Arthur shivered involuntarily as he seated himself next to the old man. The strangeness of it, the silent bobbing movement of the craft as it soared into the night sky quite unsettled him.

He looked at the old man, his face illuminated by the dull glow of tiny lights on the instrument panel.

“Excuse me,” he said to him, “what is your name by the way?”

“My name?” said the old man, and the same distant sadness came into his face again. He paused. “My name,” he said, “… is Slartibartfast.”

Arthur practically choked.

“I beg your pardon?” he spluttered.

“Slartibartfast,” repeated the old man quietly.

“Slartibartfast?”

The old man looked at him gravely.

“I said it wasn’t important,” he said.

The aircar sailed through the night.

Chapter 23

It is an important and popular fact that things are not always what they seem. For instance, on the planet Earth, man had always assumed that he was more intelligent than dolphins because he had achieved so much—the wheel, New York, wars and so on—whilst all the dolphins had ever done was muck about in the water having a good time. But conversely, the dolphins had always believed that they were far more intelligent than man—for precisely the same reasons.

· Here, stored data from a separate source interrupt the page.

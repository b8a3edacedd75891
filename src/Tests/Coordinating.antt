-- ===== src/Tests/Coordinating.antt =====
-- A turn of the coordinator on machines whose firmware cannot boot from the network, or that refuse to
-- restart.
use mathlib.Core.List.{Perm}
use fog_agent.Prelude.{◌=ᵗ◌, ◌≡◌, ◌⊎◌, refl, true, false, [], ◌∷◌, some, text}
use fog_agent.Prelude.Int.{pos}
use fog_agent.Reboot.{decide, execute, refused}
use fog_agent.Netboot.{ok}
use fog_agent.Agent.World.{Agent, on_disk}
use fog_agent.Agent.Coordinate.{source_task, Platform, coordinate, unclaimed, last_task, plan_for}
use fog_agent.Agent.Coordinate.Refused.{
  held_back, coordinate_persists, coordinate_refused, coordinate_resets,
}
use fog_agent.Agent.Coordinate.Armed.{is_armed, coordinate_disarms}
use fog_agent.Agent.Restarted.{restarted, coordinate_withdraws}
use fog_agent.Agent.Reconcile.{cap_taskreboot, reconcile}
use fog_agent.Agent.Coordinate.{has_task_reason}
use fog_agent.Tests.Worlds.{
  a_task, a_power, a_config, a_machine, a_state, machine_platform, with_reasons,
}

abbrev an_entry : Platform
an_entry = record machine_platform {
  boot_entry = ok (record { number = 3; description = text "PXE"; ipv4 = true });
}

abbrev refusing_platform : Platform
refusing_platform = record an_entry { restart = λ log m d t. some (refused (text "denied")) }

abbrev tasked : Agent
tasked = with_reasons (a_task ∷ [])

coordinate_disarms_example :
    (is_armed (coordinate refusing_platform tasked).0.log ≡ false)
    ⊎ ((refusing_platform.windows ≡ true)
        × ((coordinate refusing_platform tasked).1 ≡ some unclaimed))
unfolding coordinate ◌=ᵗ◌ source_task decide execute
coordinate_disarms_example = coordinate_disarms refusing_platform tasked (λ log. refl) refl refl

coordinate_persists_example :
    let now = (coordinate an_entry tasked).0 in
    (on_disk a_config now.log ≡ now.config)
    × (now.config ≡ record tasked.config {
      rebooted_for_task =
          last_task tasked.config.rebooted_for_task (plan_for an_entry tasked.config).act;
      pending_reboot = held_back an_entry tasked.config;
      facts_checked = 0;
    })
unfolding coordinate ◌=ᵗ◌ source_task decide execute
coordinate_persists_example = coordinate_persists an_entry tasked a_config refl refl

coordinate_refused_example :
    Perm (coordinate refusing_platform tasked).0.config.pending_reboot tasked.config.pending_reboot
unfolding coordinate ◌=ᵗ◌ source_task decide execute
coordinate_refused_example = coordinate_refused refusing_platform tasked refl refl

coordinate_resets_example :
    (coordinate refusing_platform (with_reasons (a_power ∷ []))).0.config.rebooted_for_task ≡ pos 0
unfolding coordinate ◌=ᵗ◌ source_task decide execute
coordinate_resets_example = coordinate_resets refusing_platform (with_reasons (a_power ∷ [])) refl

coordinate_withdraws_example :
    has_task_reason
      (reconcile a_machine a_state
        (restarted a_config (coordinate an_entry tasked).0.log)).0.config.pending_reboot
    ≡ false
unfolding coordinate ◌=ᵗ◌ source_task decide execute cap_taskreboot
coordinate_withdraws_example =
    coordinate_withdraws an_entry a_machine a_state
      (record { id = pos 4; type = text "deploy"; force = true }) tasked a_config refl refl refl
      refl refl
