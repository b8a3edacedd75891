-- ===== src/Tests/Enrolling.antt =====
-- A disk that was cloned to another machine.
use fog_agent.Prelude.{◌=ᵗ◌, ◌≡◌, refl, Bool, true, false, [], none, some, Text, text}
use fog_agent.Prelude.Int.{pos}
use fog_agent.Enroll.Data.{
  key, cert, config, main, Disk, Call, removing, Host, Config, empty_config,
}
use fog_agent.Enroll.{unreadable, same_machine, Codec, State, reset, ensure_key, load}
use fog_agent.Enroll.Guard.{IsRead, ensure_key-load, ensure_key_stale}

abbrev machine : Text → Host
machine uuid = record {
  system_uuid = uuid;
  system_serial = [];
  board_serial = [];
  chassis_asset = [];
  smbios_version = [];
  macs = [];
  warnings = [];
}

abbrev enrolled : Config
enrolled = record empty_config { server_url = text "fog"; host_id = pos 12 }

-- The state that was copied with the disk, and the disk.
abbrev copied : State
copied = record {
  key_of = some (text "k");
  identity_of = some (machine (text "a"));
  cert_of = text "old";
  config_of = enrolled;
}

abbrev copied_disk : Disk
copied_disk (main key) = some (text "k")
copied_disk (main cert) = some (text "old")
copied_disk (main config) = some (text "c")
copied_disk f = none

-- Documents of one configuration and one machine.
abbrev plain : Codec
plain = record {
  encode_key = λ k. some k;
  is_key_block = λ t. true;
  decode_key = λ t. some t;
  encode_identity = λ h. h.system_uuid;
  decode_identity = λ t. some (machine t);
  encode_config = λ c. text "c";
  decode_config = λ t. some (reset enrolled);
}

abbrev obliging : Call → Bool
obliging call = false

abbrev keeping_cert : Call → Bool
keeping_cert (removing n) = true
keeping_cert call = false

abbrev is_read : IsRead plain (text "n") (text "n") (machine (text "b")) (reset enrolled)
is_read = record { is_block = refl; key_lem = refl; identity_lem = refl; config_lem = refl }

ensure_key-load_example :
    let r = ensure_key plain obliging (some (text "n")) copied_disk copied (machine (text "b")) in
    (load plain obliging r.0 ≡ (r.1, none))
    × (r.1.key_of ≡ some (text "n"))
    × (r.1.identity_of ≡ some (machine (text "b")))
    × (r.1.cert_of ≡ [])
    × (r.1.config_of.host_id ≡ pos 0)
    × (r.2 ≡ true)
unfolding ensure_key same_machine ◌=ᵗ◌ unreadable
ensure_key-load_example =
    ensure_key-load plain obliging (text "n") (text "n") copied_disk copied (machine (text "b"))
      is_read refl refl refl refl (refl, refl, refl, refl, refl)

ensure_key_stale_example :
    let r =
      ensure_key plain keeping_cert (some (text "n")) copied_disk copied (machine (text "b")) in
    ((load plain keeping_cert r.0).0.key_of ≡ some (text "n"))
    × ((load plain keeping_cert r.0).0.cert_of ≡ text "old")
unfolding ensure_key same_machine ◌=ᵗ◌ unreadable
ensure_key_stale_example =
    ensure_key_stale plain keeping_cert (text "n") (text "n") (text "old") copied_disk copied
      (machine (text "b")) is_read refl refl refl refl refl (refl, refl, refl, refl, refl)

Curiously enough, the dolphins had long known of the impending destruction of the planet Earth and had made many attempts to alert mankind of the danger; but most of their communications were misinterpreted as amusing attempts to punch footballs or whistle for tidbits, so they eventually gave up and left the Earth by their own means shortly before the Vogons arrived.

The last ever dolphin message was misinterpreted as a surprisingly sophisticated attempt to do a double- backwards-somersault through a hoop whilst whistling the “Star Sprangled Banner”, but in fact the message was this: So long and thanks for all the fish.

In fact there was only one species on the planet more intelligent than dolphins, and they spent a lot of their time in behavioural research laboratories running round inside wheels and conducting frighteningly elegant and subtle experiments on man. The fact that once again man completely misinterpreted this relationship was entirely according to these creatures’ plans.